David Cameron, Britain’s champion and her hero!

Posted 1 Jul 2014 by Walaa Idris

Lefties are trying their hardest to paint Prime Minister Cameron negatively for opposing Jean-Claude Juncker’s election as EU president. Sadly for them, the exact opposite is happening – European leaders’ are exposed, Cameron’s approval rating is increasing, and polls are narrowing in favour of the Conservatives.

For many weeks, Labourites went on and on about how Cameron is making a mockery of himself and the UK, and is risking everything by his vocal opposition to Juncker’s selection. Even Ukip – who just wants Britain to simply leave the EU – got on the act and Farage (siding with lefties) gave his two cents on the matter!

But in their blind obsession with the PM not succeeding, they failed to see that for the first time since joining the EU, Britain had a champion, and a leader who wasn’t afraid to speak up for what’s best for her at all costs.
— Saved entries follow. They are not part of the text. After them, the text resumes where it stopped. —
-- ===== src/Tests/Pending.antt =====
-- The theorems on mocko-core/src/api/callback, at two pending callbacks of which one is held.
use mocko.Base.{
  ℕ, ◌+◌, ◌≤◌, ◌≡◌, refl, inl, inr, ◌↔◌, ◌⊎◌, Text, txt, Bool, true, false, Option, none, some,
  List, [], ◌∷◌, ◌++◌, arith, Elem, text_eq, if◌then◌else◌,
}
use native.Mathlib.Decide.{ℕ_discrete}
use mocko.Base.Dict
use mocko.Definitions.Data.{Callback, MockoDefinition}
use mocko.Callbacks.Pending.{PendingCallback, count_id}
use mocko.Callbacks.MemoryRepository
use mocko.Callbacks.MemoryRepository.{Repository, is_held, is_due, claim_due, next_due_at}
use mocko.Callbacks.MemoryRepository.Valid.{IsValid}
use mocko.Callbacks.MemoryRepository.Lifecycle.{
  add, wake, fire, hold_at, run, delivered-le-scheduled, held_stays,
}
use mocko.Callbacks.Scheduler
use mocko.Callbacks.Scheduler.{Scheduler, ScheduleRequest, wake_cap_ms, arm_timer}
use mocko.Callbacks.Scheduler.Steps.{Step, Reach, begin, next, initial}
use mocko.Callbacks.Scheduler.Steps
use mocko.Callbacks.Scheduler.Coverage.{timer-le-due}
use mocko.Callbacks.Scheduler.Progress.{due-delivered}
use mocko.Callbacks.Service.{fire_pending}
use mocko.Callbacks.Service.Errors.{AllOrNothing, fire_pending-AllOrNothing}

abbrev early : PendingCallback ℕ
early = record {
  id = txt "a";
  slug = txt "ping";
  payload = 1;
  due_at = 5;
  created_at = 0;
  triggered_by_mock_id = none;
  held_at = none;
}

abbrev held_entry : PendingCallback ℕ
held_entry = record {
  id = txt "b";
  slug = txt "ping";
  payload = 2;
  due_at = 3;
  created_at = 0;
  triggered_by_mock_id = none;
  held_at = some 1;
}

abbrev two : Repository ℕ
two = (txt "a", early) ∷ (txt "b", held_entry) ∷ []

two-IsValid : IsValid two
unfolding Dict.get text_eq ℕ_discrete
two-IsValid = record { nodup = (refl, (refl, tt)); keyed = (refl, (refl, tt)) }

abbrev request : ScheduleRequest ℕ
request = record { slug = txt "ping"; payload = 1; delay = 5; triggered_by_mock_id = none }

abbrev on : Scheduler ℕ
on = Scheduler.start 0 (initial ℕ false)

abbrev idle : Scheduler ℕ
idle = Scheduler.resume [] [] 0 on

abbrev storing : Scheduler ℕ
storing = Scheduler.schedule request (txt "a") 0 idle

abbrev ready : Scheduler ℕ
ready = Scheduler.arm 5 [] 0 0 storing

ready-Reach : Reach (initial ℕ false) 0 ready
unfolding Scheduler.start Scheduler.wake Scheduler.resume Scheduler.schedule claim_due
    MemoryRepository.list mocko.Base.sort next_due_at
ready-Reach =
    let now : ◌≤◌ 0 0 = omega arith in
    next
      (next (next (next begin now Steps.started) now (Steps.resumed [] [] [] refl)) now
        (Steps.scheduled request (txt "a")))
      now (Steps.armed [] [] 5 0 refl now)

timer-le-due_example :
    ((u : ℕ) × ((ready.timer ≡ some u) × ((u ≤ 5) ⊎ (u ≤ 0))))
    × ((t : ℕ) × (ready.timer_at ≡ some t) × (t ≤ 5))
unfolding Scheduler.start Scheduler.wake Scheduler.resume Scheduler.schedule Scheduler.arm arm_timer
    claim_due MemoryRepository.list Dict.get MemoryRepository.schedule Dict.set mocko.Base.sort
    text_eq ℕ_discrete
timer-le-due_example = timer-le-due false 0 ready early ready-Reach refl refl refl refl refl

due-delivered_example :
    (u : ℕ) × (((ready.timer ≡ some u) × (u ≤ 9))
      × ((after : Scheduler ℕ) × ((Step 9 ready (Scheduler.wake 9 ready)
              × Step 9 (Scheduler.wake 9 ready) after)
            × (Elem early after.delivered × (Dict.get (txt "a") after.repository ≡ none)))))
unfolding Scheduler.start Scheduler.wake Scheduler.resume Scheduler.schedule Scheduler.arm arm_timer
    claim_due MemoryRepository.list Dict.get MemoryRepository.schedule Dict.set mocko.Base.sort
    text_eq ℕ_discrete
due-delivered_example =
    due-delivered false 0 ready early 9 ready-Reach refl refl refl refl refl (omega arith)
      (omega arith)

delivered-le-scheduled_example :
    count_id (txt "a") (run (add early ∷ fire (txt "a") ∷ wake 9 ∷ []) two).0 ≤ 2
unfolding text_eq ℕ_discrete Dict.get
delivered-le-scheduled_example =
    delivered-le-scheduled (txt "a") (add early ∷ fire (txt "a") ∷ wake 9 ∷ []) two two-IsValid

held_stays_example :
    (Dict.get (txt "b") (run (wake 9 ∷ fire (txt "a") ∷ hold_at (txt "b") 7 ∷ []) two).1
      ≡ some held_entry)
    × (count_id (txt "b") (run (wake 9 ∷ fire (txt "a") ∷ hold_at (txt "b") 7 ∷ []) two).0 ≡ 0)
unfolding text_eq ℕ_discrete Dict.get
held_stays_example =
    held_stays (txt "b") held_entry refl (wake 9 ∷ fire (txt "a") ∷ hold_at (txt "b") 7 ∷ []) two
      two-IsValid (refl, (refl, (refl, tt))) refl

-- "ping" goes to a URL, "lost" to a host that is not there.
abbrev callback : Text → Option Text → Callback
callback slug host = record {
  id = none;
  slug = slug;
  name = none;
  source = none;
  file_path = none;
  method = txt "POST";
  host = host;
  path = none;
  url = some (txt "http://a.b/c");
  delay = 0;
  headers = [];
  body = none;
}

abbrev definitions : MockoDefinition ℕ
definitions = record {
  mocks = [];
  hosts = [];
  callbacks = callback (txt "ping") none ∷ callback (txt "lost") (some (txt "gone")) ∷ [];
  data_blocks = none;
}

abbrev undeliverable : PendingCallback ℕ
undeliverable = record early { slug = txt "lost" }

abbrev one_lost : Repository ℕ
one_lost = (txt "a", undeliverable) ∷ []

fire_pending-AllOrNothing_example :
    AllOrNothing definitions (txt "a") two (fire_pending definitions (txt "a") two two)
fire_pending-AllOrNothing_example = fire_pending-AllOrNothing definitions (txt "a") two two
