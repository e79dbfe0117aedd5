-- ===== src/Tests/Purging.antt =====
-- The theorems on the flags that the control panel reads and purges in Redis, at a database whose SCAN
-- gives two pages.
use mocko.Base.{
  ℕ, zero, suc, ◌≡◌, refl, inl, inr, Text, txt, Bool, true, false, Option, none, some, List, [],
  ◌∷◌, map, arith, Elem, All, subst, if◌then◌else◌, ◌==◌, starts_with, text_eq, nat_eq,
}
use native.Mathlib.Decide.{ℕ_discrete}
use mocko.Control.FlagMigration.{Migrating, migrate_flags}
use mocko.Control.FlagMigration.Migrated.{Completes, Throws, migrate_flags_lem}
use mocko.Base.{◌⊎◌}
use mocko.Base.Result.{Result, ok}
use mocko.Redis.Reference.{flag_dict, keyspace, list_key}
use mocko.Flags.Service
use mocko.Control.Operations.{scanning}
use mocko.Control.Scan.{Iteration, last, more}
use mocko.Control.FlagList.{flags_at, list_flags}
use mocko.Control.FlagList.Agreement.{in_redis, join, list_flags-Service}
use mocko.Control.FlagPurge.{Work, is_matching_flag_key, scan_matching_flags}
use mocko.Control.FlagPurge.Exact.{IsFlagKey}
use mocko.Control.FlagPurge.Selected.{Elem-of_contains, Purged, scan_matching_flags-Purged}

abbrev pages : List (List Text)
pages = (txt "a" ∷ txt "b:c" ∷ []) ∷ (txt "b:d" ∷ []) ∷ []

abbrev redis_pages : List (List Text)
redis_pages = map (in_redis (txt "m:")) pages

abbrev two_pages : ℕ → Text → Text × List Text
two_pages zero cursor = (txt "7", in_redis (txt "m:") (txt "a" ∷ txt "b:c" ∷ []))
two_pages (suc call) cursor = (txt "0", in_redis (txt "m:") (txt "b:d" ∷ []))

seven : txt "7" ≡ txt "0" → ⊥
seven e = ground arith

two_pages-Iteration : Iteration two_pages 0 (txt "0") redis_pages
two_pages-Iteration = more refl seven (last refl)

list_flags-Service_example :
    list_flags (txt "m:") 10 (txt "b") (some (txt "C")) two_pages 2
    ≡ some (Service.list_flags 10 (txt "b") (txt "C") (join pages))
list_flags-Service_example =
    list_flags-Service (txt "m:") 10 (txt "b") (some (txt "C")) two_pages 2 pages
      two_pages-Iteration (omega arith)

abbrev database : Work keyspace list_key
database = record {
  keyspace = txt "m:hosts" ∷ join redis_pages;
  flag_keys = [];
  operation = record {
    status = scanning;
    completed_at = none;
    scanned_count = none;
    found_count = none;
    purged_count = none;
  };
}

complete :
    (k : Text)
    → keyspace.exists k database.keyspace ≡ true
    → IsFlagKey (txt "m:") k
    → Elem k (join redis_pages)
unfolding starts_with
complete k there is_flag = elim (Elem-of_contains (txt "m:hosts" ∷ join redis_pages) k there) [
  | inl host ↦
      let odd : starts_with (txt "m:hosts") (flags_at (txt "m:")) ≡ true =
        subst (IsFlagKey (txt "m:")) host is_flag in
      absurd (ground arith)
  | inr there ↦ there
]

redis_pages-IsFlagKey : All (IsFlagKey (txt "m:")) (join redis_pages)
unfolding starts_with nat_eq ℕ_discrete
redis_pages-IsFlagKey = (refl, (refl, (refl, tt)))

never : ℕ → Bool
never call = false

-- the flags below the group `b`
abbrev in_b : Text → Bool
in_b key = starts_with key (txt "b:")

scan_matching_flags-Purged_example :
    Purged keyspace list_key
      (txt "m:")
      database
      9
      2
      (is_matching_flag_key (txt "m:") in_b)
      (scan_matching_flags keyspace list_key (txt "m:") in_b never two_pages 2 database)
scan_matching_flags-Purged_example =
    scan_matching_flags-Purged keyspace list_key (txt "m:") never two_pages 2 redis_pages database 9
      1 two_pages-Iteration (omega arith) (omega arith) redis_pages-IsFlagKey complete in_b

abbrev idle : Text → Option ℕ
idle key = if key == txt "m:flags:a" then some 90 else some 5

-- The flag `a` of the source is a string that lives for 50 ms more, and the others are not strings.
abbrev source_get : Text → Result ℕ (Option Text)
source_get key = ok (if key == txt "m:flags:a" then some (txt "1") else none)

abbrev source_pttl : Text → Result ℕ (Option ℕ)
source_pttl key = ok (some 50)

abbrev no_flags : flag_dict.State
unfolding flag_dict
no_flags = []

migrate_flags_lem_example :
    (t : Migrating flag_dict source_get source_pttl (txt "m:")) × (migrate_flags flag_dict
        source_get source_pttl
        (txt "m:")
        two_pages
        2
        no_flags
      ≡ some t)
    × (Completes flag_dict source_get source_pttl (txt "m:") (join pages) no_flags t
        ⊎ Throws flag_dict source_get source_pttl (txt "m:") (join pages) no_flags t)
migrate_flags_lem_example =
    migrate_flags_lem flag_dict source_get source_pttl (txt "m:") two_pages 2 pages no_flags
      two_pages-Iteration (omega arith)
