-- ===== src/Tests/Reaching.antt =====
-- The theorem on the mocks that reach the routes of the core, at a panel with one mock whose path is
-- changed, and a core with one mock in its files.
use native.Mathlib.Decide.{ℕ_discrete}
use mocko.Base.{
  ℕ, ◌≡◌, refl, Text, txt, true, Option, none, some, [], ◌∷◌, text_eq, nat_eq, if◌then◌else◌,
  filter, contains, inl, subst,
}
use mocko.Base.Result.{Result, ok}
use mocko.Definitions.Data.{MockoDefinition}
use mocko.Definitions.Data
use mocko.Definitions.Merge.{merge_definitions}
use mocko.Routes.{get_mock_routes}
use mocko.Control.Store.Redis.{redis_store, save}
use mocko.Control.Hosts.{unset}
use mocko.Control.Mocks
use mocko.Control.Mocks.{Mock, DeployMock, PatchMockInput, mock_id}
use mocko.Control.Mocks.Sound
use mocko.Serving.{Stored, get_redis_definitions}
use mocko.Serving.Expected.{Zip, Serves, Keeps, to_serve, is_deployed}
use mocko.Serving.Own.{handle-Served}

abbrev parse : Text → Option (Text × ℕ)
parse body = if contains body 123 then some (txt "unclosed", 0) else none

abbrev own_mock : Mock
own_mock = record {
  id = txt "1";
  name = txt "first";
  method = txt "GET";
  path = txt "/a";
  host = none;
  file_path = none;
  format = none;
  response = record { code = 200; delay = none; body = some (txt "hi"); headers = [] };
  is_enabled = true;
  labels = [];
  annotations = [];
}

abbrev moved : PatchMockInput
moved = record {
  name = none;
  method = none;
  path = some (txt "/b");
  host = unset;
  format = none;
  labels = none;
  response = none;
  is_enabled = none;
}

abbrev no_file : Text → Option Mock
no_file id = none

abbrev panel : Mocks.Panel parse (redis_store mock_id) [] no_file
unfolding redis_store
panel = record { own = own_mock ∷ []; deployed = []; failures = []; gets_through = true }

panel-IsConsistent : Sound.IsConsistent parse (redis_store mock_id) [] no_file panel
unfolding redis_store mocko.Control.Templates.template_error Mocks.format_conflicts nat_eq
    ℕ_discrete
panel-IsConsistent = record {
  valid = tt;
  sound = (record { template = inl refl; format = inl refl }, tt);
}

abbrev after : Mocks.Panel parse (redis_store mock_id) [] no_file
after = Sound.handle parse (redis_store mock_id) [] no_file (Sound.update (txt "1") moved) panel

-- a schema that takes every mock
abbrev made : DeployMock → Data.Mock
made stored = record {
  id = some stored.id;
  name = none;
  source = none;
  file_path = none;
  is_enabled = true;
  method = stored.method;
  path = stored.path;
  parse = stored.parse;
  format = stored.format;
  host = stored.host;
  labels = stored.labels;
  response = record {
    code = stored.code;
    delay = stored.delay;
    body = stored.body;
    headers = stored.headers;
  };
}

abbrev schema : DeployMock → Result Text Data.Mock
schema stored = ok (made stored)

schema-Keeps :
    (stored : DeployMock) (mock : Data.Mock) → schema stored ≡ ok mock → Keeps stored mock
schema-Keeps stored mock h =
    let same : made stored ≡ mock = cc in
    subst (Keeps stored) same (record {
      id = refl;
      source = refl;
      is_enabled = refl;
      method = refl;
      path = refl;
      host = refl;
      body = refl;
      code = refl;
    })

abbrev moved_mock : Data.Mock
moved_mock = record {
  id = some (txt "1");
  name = none;
  source = none;
  file_path = none;
  is_enabled = true;
  method = txt "GET";
  path = txt "/b";
  parse = true;
  format = none;
  host = none;
  labels = [];
  response = record { code = 200; delay = none; body = txt "hi"; headers = [] };
}

abbrev from_files : MockoDefinition ℕ
from_files = record {
  mocks = (record moved_mock { id = none; path = txt "/file"; source = some Data.file }) ∷ [];
  hosts = [];
  callbacks = [];
  data_blocks = none;
}

abbrev read : MockoDefinition ℕ
read = record { mocks = moved_mock ∷ []; hosts = []; callbacks = []; data_blocks = none }

abbrev stored : Stored
stored = record { mocks = after.deployed; hosts = []; callbacks = [] }

handle-Served_example :
    let merged = merge_definitions from_files (some read) none in
    Zip
      (Serves merged.hosts)
      (filter to_serve ((redis_store mock_id).list after.own))
      (filter is_deployed (get_mock_routes merged))
unfolding Sound.handle Sound.refusal get_redis_definitions redis_store Mocks.update_mock text_eq
    Mocks.to_deploy_definition save
handle-Served_example =
    handle-Served parse (redis_store mock_id) [] no_file schema schema-Keeps
      (Sound.update (txt "1") moved) panel stored from_files read panel-IsConsistent refl refl refl
      refl (refl, tt)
They failed to see a leader who didn’t care what Europe thought but passionately tended to what the UK wanted and needed – a Prime Minister who was fighting Britain’s corner and putting her first.

In standing alone against the rest of the EU, David Cameron proved that he is the leaders who listens. He listened to what the voters said and did what they wanted – British voters want the EU to reform and he stood solid against electing a conformist.

Cameron’s historic carriage highlighted Labour’s weakness, Europe’s dangerous arrogance, plus it prepared the ground for a referendum on the EU.

Like most, I see the benefits of our membership and don’t just want to leave Europe, I want reforms but very happy to leave if Britain doesn’t get what she needs. From where I am standing the only leader who can offer me that is Britain’s champion, Prime Minister David Cameron.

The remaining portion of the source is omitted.